Use find and -exec to rename all .htm files to .html.
Issue the date command. Now display the date in YYYY/MM/DD format.
Issue the cal command. Display a calendar of 1582 and 1752. Notice anything special ?

solution: basic Unix tools

Explain the difference between these two commands. This question is very important. If you don't know the answer, then look back at the shell chapter.
```
find /data -name "*.txt"

find /data -name *.txt
```
When *.txt is quoted then the shell will not touch it. The find tool will look in the /data for all files ending in .txt.

When *.txt is not quoted then the shell might expand this (when one or more files that ends in .txt exist in the current directory). The find might show a different result, or can result in a syntax error.
Explain the difference between these two statements. Will they both work when there are 200 .odf files in /data? How about when there are 2 million .odf files?
```
find /data -name "*.odf" > data_odf.txt

find /data/*.odf > data_odf.txt
```
The first find will output all .odf filenames in /data and all subdirectories. The shell will redirect this to a file.

The second find will output all files named .odf in /data and will also output all files that exist in directories named *.odf (in /data).

With two million files the command line would be expanded beyond the maximum that the shell can accept. The last part of the command line would be lost.

Write a find command that finds all files created after January 30th 2010.

touch -t 201001302359 marker_date
find . -type f -newer marker_date 

# There is another solution :
find . -type f -newerat "20100130 23:59:59"

Write a find command that finds all *.odf files created in September 2009.

touch -t 200908312359 marker_start
touch -t 200910010000 marker_end
find . -type f -name "*.odf" -newer marker_start ! -newer marker_end

The exclamation mark ! -newer can be read as not newer.
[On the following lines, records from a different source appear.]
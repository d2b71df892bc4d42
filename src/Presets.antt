-- ===== src/Presets.antt =====
-- 9router_WatchEdit/core/combo_manager.py: `Preset` and `PresetManager`. What a file gives a preset is any
-- JSON value, since the load checks only that a preset is an object. The texts of the load errors
-- are left out; `now` is the time that a call reads.
pub mod Saving
pub mod Sessions
pub mod Loading
mod Examples
use Prim.Native.String.{◌++◌ as join}
use router_extra.Prelude.{
  String, Bool, true, false, not, Option, none, some, List, [], ◌∷◌, ◌++◌, is_none, if◌then◌else◌,
  get, put, delete_all,
}
use router_extra.Storage.{
  Json, null, bool, integer, other, str, arr, done, obj, Fields, end, field, field_or, items_of,
  Content, raw, text, Disk, Faults, Stage, write_file, LoadState, absent_file, loaded_file,
  malformed_json, invalid_record, io_error, quarantine_at,
}

pub record Preset : Type 0 where
  pub name : Json
  pub models : Json
  pub description : Json
  pub updated_at : Json

pub record PresetManager : Type 0 where
  pub presets : List (String × Preset)
  pub load_state : LoadState
  pub quarantined : Bool  -- `quarantine_path` is set

abbrev pub default_presets : List (String × List String)
default_presets =
    (
      "SAIFREN_FREE",
      "cog/swe-1.6-slow" ∷ "ag/gemini-3.8-flash-high" ∷ "wb/hy3" ∷ "bai/deepseek-v4-flash"
          ∷ "oc/muse-spark-1.3-contributor-free" ∷ "moyuu/deepseek-v4-flash"
          ∷ "oc/deepseek-v4-flash-free" ∷ [],
    )
    ∷ (
      "SAIFREN_FAST",
      "ag/gemini-3.8-flash-high" ∷ "cl/z-ai/glm-5.3-flash" ∷ "cl/deepseek/deepseek-v4-flash"
          ∷ "wb/hy4-preview" ∷ "moyuu/glm-5.3-flash" ∷ [],
    )
    ∷ (
      "CODING_FREE",
      "cog/swe-1.6-slow" ∷ "ag/gemini-3.8-flash-high" ∷ "wb/hy3" ∷ "cl/deepseek/deepseek-v4-flash"
          ∷ "ocg/deepseek-v4-flash" ∷ "dahl/deepseek-ai/DeepSeek-V4-Flash-0731" ∷ [],
    )
    ∷ (
      "EMERGENCY_FALLBACK",
      "ag/gemini-3.8-flash-high" ∷ "wb/hy3" ∷ "gorouter/claude-opus-5-thinking"
          ∷ "tb/claude-opus-5-thinking" ∷ [],
    )
    ∷ []

unfoldable pub new_preset : String → String → List String → String → Preset
unfolding items_of
new_preset now name models description = record {
  name = str name;
  models = arr (items_of models);
  description = str description;
  updated_at = str now;
}

unfoldable pub seed :
    String → List (String × List String) → List (String × Preset) → List (String × Preset)
unfolding put new_preset
seed now [] held = held
seed now ((name, models) ∷ rest) held =
    seed now rest (put name (new_preset now name models (join "Built-in preset: " name)) held)

unfoldable pub as_dict : Preset → Json
as_dict p = obj (
    field "name" p.name (
      field "models" p.models
        (field "description" p.description (field "updated_at" p.updated_at end))))

unfoldable pub presets_json : List (String × Preset) → Fields
unfolding as_dict
presets_json [] = end
presets_json ((name, p) ∷ rest) = field name (as_dict p) (presets_json rest)

-- The manager stays; the disk is changed, or the stage that failed is raised.
unfoldable pub save : Option Stage → PresetManager → Disk → Disk × Option Stage
unfolding write_file presets_json
save fails m d = write_file fails (obj (presets_json m.presets)) d

unfoldable pub preset_from : String → Fields → Preset
unfolding field_or
preset_from name item = record {
  name = str name;
  models = field_or "models" (arr done) item;
  description = field_or "description" (str "") item;
  updated_at = field_or "updated_at" (str "") item;
}

-- `none` where a preset is no object.
unfoldable pub read_presets : Fields → List (String × Preset) → Option (List (String × Preset))
unfolding put preset_from
read_presets end held = some held
read_presets (field name (obj item) rest) held =
    read_presets rest (put name (preset_from name item) held)
read_presets (field name j rest) held = none

-- The state of a manager whose presets are the defaults.
unfoldable pub seeded : String → LoadState → Bool → PresetManager
unfolding seed
seeded now state kept = record {
  presets = seed now default_presets [];
  load_state = state;
  quarantined = kept;
}

-- `_preserve_and_seed`: the defaults are saved only over bytes that are in the quarantine.
unfoldable pub preserve_and_seed :
    String → Option Stage → Faults → LoadState → Content → Disk → PresetManager × Disk
unfolding seeded save quarantine_at
preserve_and_seed now fails f state c d =
    let (after, kept) = quarantine_at f.left c d in
    let m = seeded now state kept in (m, if kept then (save fails m after).0 else after)

unfoldable pub accept :
    String
    → Option Stage
    → Faults
    → Content
    → Disk
    → Option (List (String × Preset))
    → PresetManager × Disk
unfolding preserve_and_seed
accept now fails f c d none = preserve_and_seed now fails f invalid_record c d
accept now fails f c d (some found) =
    (record { presets = found; load_state = loaded_file; quarantined = false }, d)

unfoldable pub load_content : String → Option Stage → Faults → Content → Disk → PresetManager × Disk
unfolding accept preserve_and_seed read_presets
load_content now fails f (raw t) d = preserve_and_seed now fails f malformed_json (raw t) d
load_content now fails f (text (obj fs)) d =
    accept now fails f (text (obj fs)) d (read_presets fs [])
load_content now fails f (text j) d = preserve_and_seed now fails f invalid_record (text j) d

unfoldable pub load_file :
    String → Option Stage → Faults → Option Content → Disk → PresetManager × Disk
unfolding load_content seeded save
load_file now fails f none d = let m = seeded now absent_file false in (m, (save fails m d).0)
load_file now fails f (some c) d =
    if f.unreadable then (seeded now io_error false, d) else load_content now fails f c d

-- The constructor and `load`; `fails` is what becomes of the save of the defaults.
unfoldable pub load : String → Option Stage → Faults → Disk → PresetManager × Disk
unfolding load_file
load now fails f d = load_file now fails f d.file d

-- `self.presets[name] = previous`, or `pop` where there was none.
unfoldable pub roll_back : String → Option Preset → List (String × Preset) → List (String × Preset)
unfolding put delete_all
roll_back name none held = delete_all (name ∷ []) held
roll_back name (some previous) held = put name previous held

-- The manager, the disk and the stage that was raised.
unfoldable pub finish_save :
    String
    → Option Preset
    → PresetManager
    → Disk × Option Stage
    → PresetManager × Disk × Option Stage
unfolding roll_back
finish_save name previous m (d, none) = (m, d, none)
finish_save name previous m (d, some stage) =
    (record m { presets = roll_back name previous m.presets }, d, some stage)

unfoldable pub save_preset :
    String
    → Option Stage
    → String
    → List String
    → String
    → PresetManager
    → Disk
    → PresetManager × Disk × Option Stage
unfolding finish_save save get put new_preset
save_preset now fails name models description m d =
    let held = record m { presets = put name (new_preset now name models description) m.presets } in
    finish_save name (get name m.presets) held (save fails held d)

unfoldable pub delete_held :
    Option Stage
    → String
    → Option Preset
    → PresetManager
    → Disk
    → PresetManager × Disk × Option Stage × Bool
unfolding finish_save save delete_all
delete_held fails name none m d = (m, d, none, false)
delete_held fails name (some previous) m d =
    let rest = record m { presets = delete_all (name ∷ []) m.presets } in
    let (after, e, raised) = finish_save name (some previous) rest (save fails rest d) in
    (after, e, raised, is_none raised)

-- Also whether it returns that the preset was deleted.
unfoldable pub delete_preset :
    Option Stage → String → PresetManager → Disk → PresetManager × Disk × Option Stage × Bool
unfolding get delete_held
delete_preset fails name m d = delete_held fails name (get name m.presets) m d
Count the number of *.conf files in /etc and all its subdirs.
```
find /etc -type f -name '*.conf' | wc -l
```
Here are two commands that do the same thing: copy *.odf files to /backup/ . What would be a reason to replace the first command with the second? Again, this is an important question.
```
cp -r /data/*.odf /backup/

find /data -name "*.odf" -exec cp {} /backup/ \;
```
The first might fail when there are too many files to fit on one command line.
Create a file called loctest.txt. Can you find this file with locate ? Why not ? How do you make locate find this file ?

You cannot locate this with locate because it is not yet in the index.

```bash
updatedb
```

Use find and -exec to rename all .htm files to .html.

student@linux ~$ find . -name '*.htm'
./one.htm
./two.htm
student@linux ~$ find . -name '*.htm' -exec mv {} {}l \;
student@linux ~$ find . -name '*.htm*'
./one.html
./two.html

Issue the date command. Now display the date in YYYY/MM/DD format.
```
date +%Y/%m/%d
```
Issue the cal command. Display a calendar of 1582 and 1752. Notice anything special?
```
cal 1582
```
Remark that the calendars are different depending on the locale.